Festival Ottobre Africano 2016 – CulturaInDiplomazia

 

L’Africa gioca oggi un ruolo sempre più essenziale nel mondo economico. Malgrado la forte crescita economica registrata negli ultimi anni, l’Africa subsahariana resta caratterizzata da un basso sviluppo industriale, in gran parte concentrato su una industria “leggera”, in prevalenza agro-alimentare e tessile. I grandi progetti di industria “pesante”, avviati dopo il boom dei mercati petroliferi degli anni ’70, sono tuttora trascurati o funzionano grazie a contributi statali e troppo poco è stato fatto anche per sviluppare le infrastrutture africane.

Le dinamiche, prevalentemente commerciali, che caratterizzano l’attuale crescita economica africana, legate da un lato alla maggiore forza contrattuale dei Paesi Africani nella vendita delle materie prime e dall’altro all’incremento degli scambi commerciali con l’estero, non permettono però all’Africa di raggiungere un’autonomia tale da trasformare il suo sviluppo economico da commerciale ad industriale, creando valore ed occupazione con la produzione di valore aggiunto derivato dalle trasformazioni delle materie prime di cui è ricca.

Occorre quindi modificare tali logiche, favorendo all’interno dei sistemi nazionali lo sviluppo di un settore privato che pianifichi una strategia per l’industrializzazione in appoggio e complementare ai programmi di sviluppo. L’industria può giocare un ruolo fondamentale per lo sviluppo dell’Africa: crea posti di lavoro, fa crescere i redditi, aumenta la produzione ed il valore dei prodotti agricoli; dà l’opportunità di ottimizzare le risorse limitando gli sprechi, promuove progresso tecnologico, crea opportunità economiche per le donne e per i giovani; porta ad elevare il livello culturale delle popolazioni e quindi maggiore istruzione/know how e produce ricavi che consentono di ridurre la povertà e di migliorare le condizioni di vita e di salute della popolazione.

L’Italia, con la sua storia legata alla piccola e media impresa e con la sua cultura industriale potrebbe essere utile allo sviluppo del continente africano, in primo luogo individuando le opportunità per il continente nei vari settori industriali, nell’ambito del settore manifatturiero ma anche nel settore della sanità, cui le società africane guardano con sempre maggiore interesse perché volano di sviluppo per le economie ed investimento ad altissimo valore sociale.

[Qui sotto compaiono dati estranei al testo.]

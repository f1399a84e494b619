-- ===== src/Rotation/Rotator/Failure.antt =====
-- What a run that raises leaves.
use open_energy_data_server.Common.{ℕ, String, ◌≡◌, refl, ◌⊎◌, inl, inr, false, Option, some}
use open_energy_data_server.Rotation.EnvFile.{Passwords}
use open_energy_data_server.Rotation.World.{
  World, Step, Outcome, counted, ◌>>◌, run_command, set_pending, set_backup,
}
use open_energy_data_server.Rotation.Hoare.{
  Keeps, Gives, Fails, seq-Fails, fails_by_keeping, weaken-Fails, seq-Keeps, seq-Gives,
  gives_by_keeping, IgnoresCount, command-Keeps, command-Gives,
}
use open_energy_data_server.Rotation.Rotator.{
  reads_only, create_backup_file, create_pending_file, finally_close, run,
}
use open_energy_data_server.Rotation.Rotator.Run.{
  Prepared, reads, files, rotation, finally-Fails, rotate_or_roll_back-Fails,
}

-- Both worlds have the same passwords, files of the deployment and wallet.
pub record Same (u w : World) : Type 0 where
  pub opendata : w.opendata ≡ u.opendata
  pub readonly : w.readonly ≡ u.readonly
  pub grafana : w.grafana ≡ u.grafana
  pub pgadmin : w.pgadmin ≡ u.pgadmin
  pub env_file : w.env_file ≡ u.env_file
  pub started_with : w.started_with ≡ u.started_with
  pub wallet : w.wallet ≡ u.wallet

module _ (outcome : ℕ → Outcome) (d : String) (lines : String) (old new : Passwords)
    (start : World) where
  -- the state that a run began with, or the new passwords in the pending file
  abbrev Recoverable : World → Type 0
  Recoverable w = Same start w ⊎ (w.pending ≡ some new)

  Same-count : IgnoresCount (Same start)
  unfolding counted
  Same-count w h = record {
    opendata = h.opendata;
    readonly = h.readonly;
    grafana = h.grafana;
    pgadmin = h.pgadmin;
    env_file = h.env_file;
    started_with = h.started_with;
    wallet = h.wallet;
  }

  Same-backup : (v : Option String) (w : World) → Same start w → Same start (set_backup v w)
  Same-backup v w h = record {
    opendata = h.opendata;
    readonly = h.readonly;
    grafana = h.grafana;
    pgadmin = h.pgadmin;
    env_file = h.env_file;
    started_with = h.started_with;
    wallet = h.wallet;
  }

  Same-pending : (v : Option Passwords) (w : World) → Same start w → Same start (set_pending v w)
  Same-pending v w h = record {
    opendata = h.opendata;
    readonly = h.readonly;
    grafana = h.grafana;
    pgadmin = h.pgadmin;
    env_file = h.env_file;
    started_with = h.started_with;
    wallet = h.wallet;
  }

  Recoverable-count : IgnoresCount Recoverable
  unfolding counted
  Recoverable-count w (inl h) = inl (Same-count w h)
  Recoverable-count w (inr h) = inr h

  two_reads : Keeps (Same start) (reads outcome d lines old new >> reads outcome d lines old new)
  two_reads = seq-Keeps (Same start) _ _ once once
    where
      once : Keeps (Same start) (run_command outcome reads_only)
      once = command-Keeps outcome (Same start) reads_only Same-count (λ w h. h)

  backup-Keeps : Keeps (Same start) (create_backup_file outcome d lines old new)
  unfolding create_backup_file
  backup-Keeps =
      command-Keeps outcome (Same start) (λ w. set_backup (some w.env_file) w) Same-count
        (λ w h. Same-backup (some w.env_file) w h)

  pending-Keeps : Keeps (Same start) (create_pending_file outcome d lines old new)
  unfolding create_pending_file
  pending-Keeps =
      command-Keeps outcome (Same start) (set_pending (some new)) Same-count
        (Same-pending (some new))

  pending-Gives :
      Gives
        (Same start)
        (create_pending_file outcome d lines old new)
        (Prepared outcome d lines old new)
  unfolding create_pending_file counted
  pending-Gives =
      command-Gives outcome (Same start) (Prepared outcome d lines old new) (set_pending (some new))
        Same-count (λ w h. refl)

  failing_unchanged : (a : Step) → Keeps (Same start) a → Fails (Same start) a Recoverable
  failing_unchanged a ha =
      weaken-Fails (Same start) (Same start) Recoverable a (fails_by_keeping (Same start) a ha)
        (λ w h. inl h)

  rotation-Fails :
      Fails
        (Same start)
        (files outcome d lines old new >> rotation outcome d lines old new)
        Recoverable
  rotation-Fails =
      seq-Fails (Same start) prepared Recoverable (files outcome d lines old new)
        (rotation outcome d lines old new)
        (failing_unchanged (files outcome d lines old new)
          (seq-Keeps (Same start) _ _ backup-Keeps pending-Keeps))
        (seq-Gives (Same start) (Same start) prepared _ _
          (gives_by_keeping (Same start) _ backup-Keeps) pending-Gives)
        (weaken-Fails prepared prepared Recoverable (rotation outcome d lines old new)
          (rotate_or_roll_back-Fails outcome d lines old new) (λ w h. inr h))
    where
      prepared : World → Type 0
      prepared = Prepared outcome d lines old new

  -- A run that raises has changed no password, no line of the environment file and no item of the
  -- wallet, or the new passwords are still in the pending file.
  pub failed_run-Recoverable :
      (run outcome d lines old new false start).0 ≡ false
      → Same start (run outcome d lines old new false start).1
        ⊎ ((run outcome d lines old new false start).1.pending ≡ some new)
  unfolding run
  failed_run-Recoverable raised =
      (seq-Fails (Same start) (Same start) Recoverable two
          (finally_close outcome d lines old new
            (files outcome d lines old new >> rotation outcome d lines old new))
          (failing_unchanged two two_reads) (gives_by_keeping (Same start) two two_reads)
          (finally-Fails outcome d lines old new (Same start) Recoverable
            (files outcome d lines old new >> rotation outcome d lines old new) Recoverable-count
            rotation-Fails)).after
        start
        record {
          opendata = refl;
          readonly = refl;
          grafana = refl;
          pgadmin = refl;
          env_file = refl;
          started_with = refl;
          wallet = refl;
        }
        raised
    where
      two : Step
      two = reads outcome d lines old new >> reads outcome d lines old new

Quali le priorità? Quali gli elementi necessari per trasformare l’economia africana da commerciale ad industriale? Quali sono le opportunità per l’Italia? Come può la cultura industriale italiana contribuire allo sviluppo del continente? Come diversificare l’economia africana? Quali i vantaggi, per l’Africa e per il resto del mondo, derivanti da questa trasformazione? Quale impatto ambientale? E come valorizzare il potenziale della Diaspora nello sviluppo dell’Africa e il potenziale umano del continente?

Se ne parlerà nel corso del Convegno “La cultura industriale Italiana per lo Sviluppo dell’Africa”, organizzato dall’ Associazione Culturale Le Réseau, in collaborazione con Assobiomedica, Confindustria Assafrica & Mediterraneo e il Collegio degli Ambasciatori africani a Roma, nell’ambito dell’Edizione 2016 del Festival Ottobre Africano.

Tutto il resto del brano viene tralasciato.